At this, she turned around and saw Jesus standing there, but she did not realize that it was Jesus. “Woman,” he said, “why are you crying? Who is it you are looking for?”

Thinking he was the gardener, she said, “Sir, if you have carried him away, tell me where you have put him, and I will get him.” Jesus said to her, “Mary.” She turned toward him and cried out in Aramaic, “Rabboni!” (which means Teacher). Jesus said, “Do not hold on to me, for I have not yet returned to the Father. Go instead to my brothers and tell them, ‘I am returning to my Father and your Father, to my God and your God.’ “ Mary Magdalene went to the disciples with the news: “I have seen the Lord!” And she told them that he had said these things to her.

I’m going to name four characters from a television show and then I’m going to ask you to name the show. Ready? Bert and Ernie; The Cookie Monster; and Kermit the Frog. (Sesame Street, right!) Those were Muppets, but one of the earliest human characters on the show was a man named Mr.
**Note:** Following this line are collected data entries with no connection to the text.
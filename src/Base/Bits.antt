-- ===== src/Base/Bits.antt =====
-- `&`, `|` and `^` at variables: the law of the lowest digit, masks, and fields that do not overlap.
use Prim.Native.Nat.{
  ℕ, zero, suc, ◌+◌, ◌*◌, ◌/◌, ◌%◌, ◌^◌, ◌≤◌, ◌<◌, min, differ, bit_and, bit_xor, digits,
  bit_and-bitwise, bit_xor-bitwise,
}
use mathlib.Core.Path.{◌≡◌, refl, ap}
use native.Mathlib.Nat.{pow-suc}
use native.Mathlib.Omega.{arith}

-- More fuel than digits makes no difference.
digits-fuel :
    (z : ℕ → ℕ) (f : ℕ → ℕ → ℕ) (m n a b : ℕ) → a ≤ m → a ≤ n → digits z f m a b ≡ digits z f n a b
digits-fuel z f zero zero zero b p q = refl
digits-fuel z f zero (suc n) zero b p q = refl
digits-fuel z f (suc m) zero zero b p q = refl
digits-fuel z f (suc m) (suc n) zero b p q = refl
digits-fuel z f zero n (suc a) b p q = absurd (omega arith)
digits-fuel z f (suc m) zero (suc a) b p q = absurd (omega arith)
digits-fuel z f (suc m) (suc n) (suc a) b p q =
    ap (λ (d : ℕ). d * 2 + f (suc a % 2) (b % 2))
      (digits-fuel z f m n (suc a / 2) (b / 2) (omega arith) (omega arith))

-- The digits of a positive number: the lowest one, behind those of the halves.
digits-suc :
    (z : ℕ → ℕ) (f : ℕ → ℕ → ℕ) (a b : ℕ)
    → digits z f (suc a) (suc a) b
      ≡ digits z f (suc a / 2) (suc a / 2) (b / 2) * 2 + f (suc a % 2) (b % 2)
digits-suc z f a b =
    ap (λ (d : ℕ). d * 2 + f (suc a % 2) (b % 2))
      (digits-fuel z f a (suc a / 2) (suc a / 2) (b / 2) (omega arith) (omega arith))

pub bit_xor_step : (x y : ℕ) → bit_xor x y ≡ bit_xor (x / 2) (y / 2) * 2 + differ (x % 2) (y % 2)
bit_xor_step zero y = omega (arith, bit_xor-bitwise 0 y, bit_xor-bitwise 0 (y / 2))
bit_xor_step (suc x) y =
    let halves = bit_xor-bitwise (suc x / 2) (y / 2) in
    omega (arith, bit_xor-bitwise (suc x) y, halves, digits-suc (λ b. b) differ x y)

pub bit_and_step : (x y : ℕ) → bit_and x y ≡ bit_and (x / 2) (y / 2) * 2 + min (x % 2) (y % 2)
bit_and_step zero y = omega (arith, bit_and-bitwise 0 y, bit_and-bitwise 0 (y / 2))
bit_and_step (suc x) y =
    let halves = bit_and-bitwise (suc x / 2) (y / 2) in
    omega (arith, bit_and-bitwise (suc x) y, halves, digits-suc (λ b. 0) min x y)

-- Zero on the right, for both operations at once.
with_zero : (fuel x : ℕ) → x ≤ fuel → (bit_and x 0 ≡ 0) × (bit_xor x 0 ≡ x)
with_zero fuel zero h = (refl, refl)
with_zero zero (suc x) h = absurd (omega arith)
with_zero (suc fuel) (suc x) h =
    let half = with_zero fuel (suc x / 2) (omega arith) in
    (omega (arith, bit_and_step (suc x) 0, half.0), grind (arith, bit_xor_step (suc x) 0, half.1))

bit_and_zero : (a : ℕ) → bit_and a 0 ≡ 0
bit_and_zero a = (with_zero a a (omega arith)).0

bit_xor_even : (t r : ℕ) → bit_xor (t * 2) r ≡ bit_xor t (r / 2) * 2 + r % 2
bit_xor_even t r =
    let half : t * 2 / 2 ≡ t = omega arith in
    let even : t * 2 % 2 ≡ 0 = omega arith in
    let step : bit_xor (t * 2) r ≡ bit_xor (t * 2 / 2) (r / 2) * 2 + differ (t * 2 % 2) (r % 2) =
      bit_xor_step (t * 2) r in
    rw (half, even) at step

-- A field `q << k` and a field below `2 ^ k` do not overlap: their `^` is their sum.
pub bit_xor_fields : (k q r : ℕ) → r < 2 ^ k → bit_xor (q * 2 ^ k) r ≡ q * 2 ^ k + r
bit_xor_fields zero q r h = grind (arith, (with_zero q q (omega arith)).1)
bit_xor_fields (suc k) q r h =
    let double : 2 ^ suc k ≡ 2 ^ k * 2 = omega (arith, pow-suc 2 k) in
    let twice : q * 2 ^ suc k ≡ q * 2 ^ k * 2 = omega (arith, ap (λ (t : ℕ). q * t) double) in
    rw twice (omega (arith, bit_xor_even (q * 2 ^ k) r, bit_xor_fields k q (r / 2) (omega arith)))

-- A mask of the `k` lowest bits.
mask_1 : (a : ℕ) → bit_and a 1 ≡ a % 2
mask_1 a = omega (arith, bit_and_step a 1, bit_and_zero (a / 2))

mask_3 : (a : ℕ) → bit_and a 3 ≡ a % 4
mask_3 a = omega (arith, bit_and_step a 3, mask_1 (a / 2))

pub mask_7 : (a : ℕ) → bit_and a 7 ≡ a % 8
mask_7 a = omega (arith, bit_and_step a 7, mask_3 (a / 2))

pub mask_0x0f : (a : ℕ) → bit_and a 0x0f ≡ a % 16
mask_0x0f a = omega (arith, bit_and_step a 15, mask_7 (a / 2))

mask_0x7f : (a : ℕ) → bit_and a 0x7f ≡ a % 128
mask_0x7f a = omega (
  arith,
  bit_and_step a 127,
  bit_and_step (a / 2) 63,
  bit_and_step (a / 2 / 2) 31,
  mask_0x0f (a / 2 / 2 / 2),
)

pub mask_0xff : (a : ℕ) → bit_and a 0xff ≡ a % 256
mask_0xff a = omega (arith, bit_and_step a 255, mask_0x7f (a / 2))

pub mask_0xfff : (a : ℕ) → bit_and a 0xfff ≡ a % 4096
mask_0xfff a = omega (
  arith,
  bit_and_step a 0xfff,
  bit_and_step (a / 2) 0x7ff,
  bit_and_step (a / 2 / 2) 0x3ff,
  bit_and_step (a / 2 / 2 / 2) 0x1ff,
  mask_0xff (a / 2 / 2 / 2 / 2),
)

-- Masks that leave the lowest bit out.
pub mask_0x0e : (a : ℕ) → bit_and a 0x0e ≡ a / 2 % 8 * 2
mask_0x0e a = omega (arith, bit_and_step a 14, mask_7 (a / 2))

pub mask_0xfe : (a : ℕ) → bit_and a 0xfe ≡ a / 2 % 128 * 2
mask_0xfe a = omega (arith, bit_and_step a 254, mask_0x7f (a / 2))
Hooper. Do any of you remember him? His name was Will Lee and he was on Sesame Street for thirteen years before he died of a heart attack in 1982. The producers were faced with a dilemma. How were they going to explain death to the 10 million children who watched the show? They could have just concocted a story about Mr. Hooper retiring to Florida, but instead they decided to tell the children he died. But because this was public television, they didn’t want to mention anything religious or spiritual.